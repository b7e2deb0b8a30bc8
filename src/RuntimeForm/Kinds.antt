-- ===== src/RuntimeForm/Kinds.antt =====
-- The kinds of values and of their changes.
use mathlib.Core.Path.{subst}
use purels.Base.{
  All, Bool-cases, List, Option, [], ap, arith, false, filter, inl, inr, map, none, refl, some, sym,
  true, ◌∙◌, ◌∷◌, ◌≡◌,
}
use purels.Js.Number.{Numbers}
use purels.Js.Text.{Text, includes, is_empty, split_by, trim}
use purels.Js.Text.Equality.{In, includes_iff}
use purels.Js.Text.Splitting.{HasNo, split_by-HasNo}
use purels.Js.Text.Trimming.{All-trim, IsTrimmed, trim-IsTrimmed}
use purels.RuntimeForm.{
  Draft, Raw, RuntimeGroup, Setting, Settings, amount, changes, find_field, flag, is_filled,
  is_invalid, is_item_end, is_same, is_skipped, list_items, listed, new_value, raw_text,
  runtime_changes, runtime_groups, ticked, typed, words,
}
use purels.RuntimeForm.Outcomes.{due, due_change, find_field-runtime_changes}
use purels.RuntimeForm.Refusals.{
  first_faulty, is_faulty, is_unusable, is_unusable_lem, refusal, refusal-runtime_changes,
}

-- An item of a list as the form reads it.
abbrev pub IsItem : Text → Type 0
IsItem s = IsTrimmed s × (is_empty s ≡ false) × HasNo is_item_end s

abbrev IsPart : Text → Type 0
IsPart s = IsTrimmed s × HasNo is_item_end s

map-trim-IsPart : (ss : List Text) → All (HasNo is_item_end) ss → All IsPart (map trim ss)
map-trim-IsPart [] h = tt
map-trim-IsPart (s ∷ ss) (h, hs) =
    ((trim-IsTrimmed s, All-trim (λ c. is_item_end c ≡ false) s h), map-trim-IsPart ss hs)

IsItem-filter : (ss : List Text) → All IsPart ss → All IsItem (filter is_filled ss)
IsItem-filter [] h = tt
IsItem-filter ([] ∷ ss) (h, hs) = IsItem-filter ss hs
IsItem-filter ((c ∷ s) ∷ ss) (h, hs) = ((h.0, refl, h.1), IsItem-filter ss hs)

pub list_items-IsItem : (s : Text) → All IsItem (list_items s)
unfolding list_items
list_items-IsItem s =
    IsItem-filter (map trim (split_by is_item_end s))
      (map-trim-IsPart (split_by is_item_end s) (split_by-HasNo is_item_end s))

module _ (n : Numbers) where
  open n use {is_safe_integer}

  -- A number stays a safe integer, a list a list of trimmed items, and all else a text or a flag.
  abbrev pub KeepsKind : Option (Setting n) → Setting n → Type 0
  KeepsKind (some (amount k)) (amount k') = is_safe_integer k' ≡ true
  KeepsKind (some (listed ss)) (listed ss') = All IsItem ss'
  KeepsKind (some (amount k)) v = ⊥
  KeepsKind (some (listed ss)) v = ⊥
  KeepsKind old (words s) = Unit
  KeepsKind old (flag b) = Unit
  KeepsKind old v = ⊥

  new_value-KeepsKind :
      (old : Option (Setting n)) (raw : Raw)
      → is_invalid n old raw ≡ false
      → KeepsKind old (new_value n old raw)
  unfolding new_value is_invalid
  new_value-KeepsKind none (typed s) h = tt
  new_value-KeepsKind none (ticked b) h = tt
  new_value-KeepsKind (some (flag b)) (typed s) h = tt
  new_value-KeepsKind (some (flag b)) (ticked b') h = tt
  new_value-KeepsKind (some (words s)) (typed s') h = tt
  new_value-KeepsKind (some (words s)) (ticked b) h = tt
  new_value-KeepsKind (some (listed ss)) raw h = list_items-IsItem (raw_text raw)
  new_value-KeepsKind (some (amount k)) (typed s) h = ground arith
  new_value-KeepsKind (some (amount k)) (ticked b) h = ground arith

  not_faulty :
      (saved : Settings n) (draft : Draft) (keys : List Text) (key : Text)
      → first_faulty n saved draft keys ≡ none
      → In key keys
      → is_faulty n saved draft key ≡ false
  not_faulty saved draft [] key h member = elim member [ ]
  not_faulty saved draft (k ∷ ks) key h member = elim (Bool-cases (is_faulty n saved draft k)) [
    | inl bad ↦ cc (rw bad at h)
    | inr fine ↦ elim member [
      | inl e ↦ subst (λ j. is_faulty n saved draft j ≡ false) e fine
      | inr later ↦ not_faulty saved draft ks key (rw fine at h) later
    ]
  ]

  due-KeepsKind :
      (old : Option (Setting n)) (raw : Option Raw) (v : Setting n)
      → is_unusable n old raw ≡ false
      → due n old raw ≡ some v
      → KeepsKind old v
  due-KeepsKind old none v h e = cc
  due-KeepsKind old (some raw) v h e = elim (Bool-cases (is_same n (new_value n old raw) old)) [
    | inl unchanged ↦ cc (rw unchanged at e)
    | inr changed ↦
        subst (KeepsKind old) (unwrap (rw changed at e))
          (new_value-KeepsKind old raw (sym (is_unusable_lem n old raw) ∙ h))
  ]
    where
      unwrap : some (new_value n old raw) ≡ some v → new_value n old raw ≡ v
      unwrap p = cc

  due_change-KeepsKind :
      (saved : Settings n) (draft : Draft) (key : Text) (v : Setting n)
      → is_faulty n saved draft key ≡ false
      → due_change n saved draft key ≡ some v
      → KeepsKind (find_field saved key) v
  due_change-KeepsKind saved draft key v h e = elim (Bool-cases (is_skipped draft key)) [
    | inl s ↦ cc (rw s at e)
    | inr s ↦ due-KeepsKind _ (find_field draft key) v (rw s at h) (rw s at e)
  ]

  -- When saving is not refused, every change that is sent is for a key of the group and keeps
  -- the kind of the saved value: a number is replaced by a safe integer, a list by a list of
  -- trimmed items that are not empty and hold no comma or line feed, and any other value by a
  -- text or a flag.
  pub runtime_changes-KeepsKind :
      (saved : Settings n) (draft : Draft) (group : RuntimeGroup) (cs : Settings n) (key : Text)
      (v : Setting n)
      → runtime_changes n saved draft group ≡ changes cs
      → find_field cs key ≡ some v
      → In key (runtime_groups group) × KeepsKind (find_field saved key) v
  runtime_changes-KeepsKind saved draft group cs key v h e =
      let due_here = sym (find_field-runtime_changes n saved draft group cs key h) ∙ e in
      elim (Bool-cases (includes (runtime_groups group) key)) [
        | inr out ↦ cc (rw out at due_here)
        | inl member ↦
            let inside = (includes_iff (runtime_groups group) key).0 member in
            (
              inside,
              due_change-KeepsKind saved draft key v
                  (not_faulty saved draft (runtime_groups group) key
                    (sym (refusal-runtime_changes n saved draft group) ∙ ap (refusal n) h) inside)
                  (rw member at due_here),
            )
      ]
- - - -
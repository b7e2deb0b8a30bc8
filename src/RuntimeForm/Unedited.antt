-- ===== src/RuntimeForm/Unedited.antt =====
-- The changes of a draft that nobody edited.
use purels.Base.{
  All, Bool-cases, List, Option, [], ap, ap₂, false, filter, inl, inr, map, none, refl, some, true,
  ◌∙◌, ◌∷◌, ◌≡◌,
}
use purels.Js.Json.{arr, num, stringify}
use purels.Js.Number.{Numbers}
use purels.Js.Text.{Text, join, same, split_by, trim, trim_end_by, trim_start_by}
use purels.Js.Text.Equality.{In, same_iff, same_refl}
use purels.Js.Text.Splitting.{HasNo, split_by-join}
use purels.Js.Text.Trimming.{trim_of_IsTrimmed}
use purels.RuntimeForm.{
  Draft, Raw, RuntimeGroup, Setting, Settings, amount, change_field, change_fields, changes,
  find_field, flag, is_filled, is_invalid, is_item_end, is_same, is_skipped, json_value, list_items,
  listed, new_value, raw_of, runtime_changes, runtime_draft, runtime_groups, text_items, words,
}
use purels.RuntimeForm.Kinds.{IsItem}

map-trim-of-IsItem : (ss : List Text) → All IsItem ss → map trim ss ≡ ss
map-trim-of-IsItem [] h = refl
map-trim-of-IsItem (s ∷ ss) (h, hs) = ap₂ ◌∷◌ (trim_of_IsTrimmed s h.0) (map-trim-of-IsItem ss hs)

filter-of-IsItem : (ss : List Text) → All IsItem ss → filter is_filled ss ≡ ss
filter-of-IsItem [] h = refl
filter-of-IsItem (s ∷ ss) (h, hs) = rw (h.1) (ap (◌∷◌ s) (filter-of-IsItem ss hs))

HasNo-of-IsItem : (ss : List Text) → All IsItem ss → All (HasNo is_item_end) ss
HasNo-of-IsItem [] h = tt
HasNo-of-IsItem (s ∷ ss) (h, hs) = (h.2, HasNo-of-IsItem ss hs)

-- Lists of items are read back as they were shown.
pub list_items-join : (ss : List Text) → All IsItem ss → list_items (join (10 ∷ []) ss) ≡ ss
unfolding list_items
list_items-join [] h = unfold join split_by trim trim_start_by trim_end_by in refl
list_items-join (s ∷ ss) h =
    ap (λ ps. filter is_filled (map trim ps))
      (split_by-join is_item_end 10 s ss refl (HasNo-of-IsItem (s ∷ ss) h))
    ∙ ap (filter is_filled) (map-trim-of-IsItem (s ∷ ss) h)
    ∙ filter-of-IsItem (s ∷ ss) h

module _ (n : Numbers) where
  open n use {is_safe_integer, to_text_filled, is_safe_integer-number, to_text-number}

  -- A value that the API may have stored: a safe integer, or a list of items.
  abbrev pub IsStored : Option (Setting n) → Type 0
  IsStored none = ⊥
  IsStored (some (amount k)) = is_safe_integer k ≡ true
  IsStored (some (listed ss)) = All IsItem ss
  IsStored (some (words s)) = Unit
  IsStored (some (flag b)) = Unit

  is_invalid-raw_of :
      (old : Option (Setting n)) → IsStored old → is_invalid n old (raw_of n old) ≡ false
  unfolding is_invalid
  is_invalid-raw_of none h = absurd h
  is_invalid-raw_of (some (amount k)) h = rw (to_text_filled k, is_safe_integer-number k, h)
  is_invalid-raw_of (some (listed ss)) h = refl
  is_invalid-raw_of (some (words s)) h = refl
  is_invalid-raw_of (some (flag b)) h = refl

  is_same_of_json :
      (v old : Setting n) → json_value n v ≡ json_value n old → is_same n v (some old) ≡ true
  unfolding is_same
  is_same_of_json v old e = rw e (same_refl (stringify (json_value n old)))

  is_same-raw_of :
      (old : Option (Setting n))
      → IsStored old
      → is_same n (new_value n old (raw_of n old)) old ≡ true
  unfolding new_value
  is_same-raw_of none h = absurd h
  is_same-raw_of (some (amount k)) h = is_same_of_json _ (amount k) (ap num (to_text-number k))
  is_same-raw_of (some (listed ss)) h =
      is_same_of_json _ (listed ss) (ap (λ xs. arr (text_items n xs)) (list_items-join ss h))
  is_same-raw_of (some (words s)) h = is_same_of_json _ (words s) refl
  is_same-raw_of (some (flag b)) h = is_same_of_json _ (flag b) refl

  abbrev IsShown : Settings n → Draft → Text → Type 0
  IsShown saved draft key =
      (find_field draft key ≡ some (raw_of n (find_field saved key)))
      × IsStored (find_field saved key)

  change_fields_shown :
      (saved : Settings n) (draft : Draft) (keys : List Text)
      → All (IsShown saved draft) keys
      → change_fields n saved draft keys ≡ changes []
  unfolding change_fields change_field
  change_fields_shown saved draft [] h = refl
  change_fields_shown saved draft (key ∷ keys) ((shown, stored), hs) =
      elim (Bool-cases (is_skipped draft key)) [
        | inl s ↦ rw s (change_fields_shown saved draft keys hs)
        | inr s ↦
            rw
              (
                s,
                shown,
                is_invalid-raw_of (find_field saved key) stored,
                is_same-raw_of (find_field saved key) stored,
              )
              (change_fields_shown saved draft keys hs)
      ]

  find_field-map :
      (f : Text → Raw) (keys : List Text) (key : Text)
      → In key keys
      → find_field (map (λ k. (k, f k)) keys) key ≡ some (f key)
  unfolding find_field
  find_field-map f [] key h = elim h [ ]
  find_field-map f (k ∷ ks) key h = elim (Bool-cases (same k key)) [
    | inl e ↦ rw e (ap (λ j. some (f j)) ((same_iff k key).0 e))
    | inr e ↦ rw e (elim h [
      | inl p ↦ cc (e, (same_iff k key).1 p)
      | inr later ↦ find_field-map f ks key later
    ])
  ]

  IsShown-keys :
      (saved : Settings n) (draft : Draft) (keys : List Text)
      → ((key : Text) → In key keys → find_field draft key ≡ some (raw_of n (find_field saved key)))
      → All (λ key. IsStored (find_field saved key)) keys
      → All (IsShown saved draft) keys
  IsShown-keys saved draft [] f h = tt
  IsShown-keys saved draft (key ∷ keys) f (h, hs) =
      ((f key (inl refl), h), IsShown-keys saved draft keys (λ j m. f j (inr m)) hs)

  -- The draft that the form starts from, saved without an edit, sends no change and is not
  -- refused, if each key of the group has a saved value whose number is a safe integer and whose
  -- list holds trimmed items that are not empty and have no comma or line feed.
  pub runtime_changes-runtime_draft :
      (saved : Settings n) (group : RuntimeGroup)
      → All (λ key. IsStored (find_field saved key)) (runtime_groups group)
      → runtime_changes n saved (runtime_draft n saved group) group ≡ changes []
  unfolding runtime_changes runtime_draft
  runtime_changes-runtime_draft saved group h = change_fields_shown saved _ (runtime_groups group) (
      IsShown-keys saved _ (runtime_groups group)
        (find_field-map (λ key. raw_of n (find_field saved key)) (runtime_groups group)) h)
- - - -
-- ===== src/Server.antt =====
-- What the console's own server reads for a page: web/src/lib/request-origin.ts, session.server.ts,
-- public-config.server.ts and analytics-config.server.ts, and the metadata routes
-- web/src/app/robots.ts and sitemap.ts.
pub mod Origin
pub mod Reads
- - - -
## How to complete this task
Looking at the records above, how many lines contain "Settings"? Only the number is needed.

## Exercise response
9